Stored data
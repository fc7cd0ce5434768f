-- ===== src/Printer/Ipp/Decode/Fields.antt =====
-- Integers, fields and values, written and read back.
use kiosk_project.Printer.Ipp.{
  other_number, TextCodec, IppValue, is_integer_tag, tag_boolean, IppDecodeLimits, truth, text,
  tag_range_of_integer, is_placeholder_tag, value_not_integer,
}
use kiosk_project.Printer.Ipp.Encode.{
  is_safe_integer, encode_boolean, encode_text_value, uint32_bytes, encode_value_bytes,
  encode_integer, to_uint32, uint16_bytes,
}
use kiosk_project.Printer.Ipp.Decode.{
  decode_boolean, number, decode_integer, decode_attribute_value, read_uint32, take_field,
  read_uint16, from_uint32,
}
use kiosk_project.Base.{
  take-append, drop-append, subst, ◌∙◌, sym, ok-injective, bind_cases, length-append, ap, ℕ, ◌/◌,
  ◌%◌, ◌<◌, ◌≤◌, ◌||◌, ltb, List, ◌++◌, Bool, true, false, ◌==◌, ok, require, length, ◌≡◌, refl,
  arith,
}
use kiosk_project.Base.Int.{ℤ, pos, negsuc, pos_part, neg_part}

pub uint16-read : (n : ℕ) → n ≤ 65535 → read_uint16 (n / 256 % 256) (n % 256) ≡ n
unfolding read_uint16
uint16-read n h = omega arith

pub uint32-read :
    (n : ℕ)
    → n ≤ 4294967295
    → read_uint32 (n / 16777216 % 256) (n / 65536 % 256) (n / 256 % 256) (n % 256) ≡ n
unfolding read_uint32
uint32-read n h = omega arith

pub take_field-append :
    (max_bytes : ℕ) (xs ys : List ℕ)
    → 65535 ≤ max_bytes
    → length xs ≤ 65535
    → take_field max_bytes (uint16_bytes (length xs) ++ xs ++ ys) ≡ ok (xs, ys)
unfolding take_field uint16_bytes
take_field-append max_bytes xs ys h k =
    let fits : (ltb max_bytes (length xs) || ltb (length (xs ++ ys)) (length xs)) ≡ false =
      ground (arith, length-append xs ys) in
    rw (uint16-read (length xs) k, take-append xs ys, drop-append xs ys, fits) refl

int32-read :
    (z : ℤ) → pos_part z < 2147483648 → neg_part z ≤ 2147483648 → from_uint32 (to_uint32 z) ≡ z
unfolding from_uint32 to_uint32
int32-read (pos n) h k = ground arith
int32-read (negsuc n) h k = ground arith

-- The values that a tag can carry there and back.
pub data Fits (codec : TextCodec) (tag : ℕ) : IppValue → Type 0 where
  an_integer :
      {z : ℤ}
      → is_integer_tag tag ≡ true
      → pos_part z < 2147483648
      → neg_part z ≤ 2147483648
      → Fits codec tag (number z)
  a_boolean : {b : Bool} → tag ≡ tag_boolean → Fits codec tag (truth b)
  a_text :
      {t : List ℕ}
      → is_integer_tag tag ≡ false
      → (tag == tag_boolean) ≡ false
      → (tag == tag_range_of_integer) ≡ false
      → is_placeholder_tag tag ≡ false
      → codec.decode_text (codec.encode_text t) ≡ t
      → Fits codec tag (text t)

to_uint32_bound : (z : ℤ) → to_uint32 z ≤ 4294967295
unfolding to_uint32
to_uint32_bound (pos n) = omega arith
to_uint32_bound (negsuc n) = omega arith

encode_integer-read :
    (z : ℤ) (raw : List ℕ)
    → pos_part z < 2147483648
    → neg_part z ≤ 2147483648
    → encode_integer (number z) ≡ ok raw
    → decode_integer raw ≡ ok (number z)
unfolding encode_integer uint32_bytes decode_integer
encode_integer-read z raw h k e =
    bind_cases (require (is_safe_integer z) value_not_integer) _ e λ u g j.
      let bytes : uint32_bytes (to_uint32 z) ≡ raw = ok-injective j in
      rw (sym bytes, uint32-read (to_uint32 z) (to_uint32_bound z), int32-read z h k) refl

integer_branch :
    (codec : TextCodec) (tag : ℕ) (v : IppValue)
    → is_integer_tag tag ≡ true
    → encode_value_bytes codec tag v ≡ encode_integer v
unfolding encode_value_bytes
integer_branch codec tag v h = rw h refl

text_branch :
    (codec : TextCodec) (tag : ℕ) (v : IppValue)
    → is_integer_tag tag ≡ false
    → (tag == tag_boolean) ≡ false
    → encode_value_bytes codec tag v ≡ encode_text_value codec v
unfolding encode_value_bytes
text_branch codec tag v h k = rw (h, k) refl

text-read :
    (codec : TextCodec) (limits : IppDecodeLimits) (tag : ℕ) (raw : List ℕ)
    → is_integer_tag tag ≡ false
    → (tag == tag_boolean) ≡ false
    → (tag == tag_range_of_integer) ≡ false
    → is_placeholder_tag tag ≡ false
    → decode_attribute_value codec limits tag raw ≡ ok (text (codec.decode_text raw))
unfolding decode_attribute_value
text-read codec limits tag raw h b r p = rw (h, b, r, p) refl

boolean_tag-read :
    (codec : TextCodec) (limits : IppDecodeLimits) (b : Bool) (raw : List ℕ)
    → encode_value_bytes codec tag_boolean (truth b) ≡ ok raw
    → decode_attribute_value codec limits tag_boolean raw ≡ ok (truth b)
unfolding encode_value_bytes encode_boolean is_integer_tag decode_attribute_value decode_boolean
boolean_tag-read codec limits true raw e = rw (sym (ok-injective e)) refl
boolean_tag-read codec limits false raw e = rw (sym (ok-injective e)) refl

boolean-read :
    (codec : TextCodec) (limits : IppDecodeLimits) (tag : ℕ) (b : Bool) (raw : List ℕ)
    → tag ≡ tag_boolean
    → encode_value_bytes codec tag (truth b) ≡ ok raw
    → decode_attribute_value codec limits tag raw ≡ ok (truth b)
boolean-read codec limits tag b raw h e =
    subst (λ t. decode_attribute_value codec limits t raw ≡ ok (truth b)) (sym h)
      (boolean_tag-read codec limits b raw
        (subst (λ t. encode_value_bytes codec t (truth b) ≡ ok raw) h e))

pub value-read :
    (codec : TextCodec) (limits : IppDecodeLimits) (tag : ℕ) (v : IppValue) (raw : List ℕ)
    → Fits codec tag v
    → encode_value_bytes codec tag v ≡ ok raw
    → decode_attribute_value codec limits tag raw ≡ ok v
unfolding decode_attribute_value encode_text_value
value-read codec limits tag other_number raw f e = elim f [ ]
value-read codec limits tag (number z) raw (an_integer h a b) e =
    rw h (encode_integer-read z raw a b (sym (integer_branch codec tag (number z) h) ∙ e))
value-read codec limits tag (truth b) raw (a_boolean h) e = boolean-read codec limits tag b raw h e
value-read codec limits tag (text t) raw (a_text h b r p d) e =
    let bytes : codec.encode_text t ≡ raw =
      ok-injective (sym (text_branch codec tag (text t) h b) ∙ e) in
    text-read codec limits tag raw h b r p
    ∙ ap (λ x. ok (text x)) (ap codec.decode_text (sym bytes) ∙ d)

[Prompt]: The range runs from the line with "tag raw ≡ ok v" to the last line of the entries above, both included. Restate it word for word.

[Exercise answer]:
    → decode_attribute_value codec limits tag raw ≡ ok v
unfolding decode_attribute_value encode_text_value
value-read codec limits tag other_number raw f e = elim f [ ]
value-read codec limits tag (number z) raw (an_integer h a b) e =
    rw h (encode_integer-read z raw a b (sym (integer_branch codec tag (number z) h) ∙ e))
value-read codec limits tag (truth b) raw (a_boolean h) e = boolean-read codec limits tag b raw h e
value-read codec limits tag (text t) raw (a_text h b r p d) e =
    let bytes : codec.encode_text t ≡ raw =
      ok-injective (sym (text_branch codec tag (text t) h b) ∙ e) in
    text-read codec limits tag raw h b r p
    ∙ ap (λ x. ok (text x)) (ap codec.decode_text (sym bytes) ∙ d)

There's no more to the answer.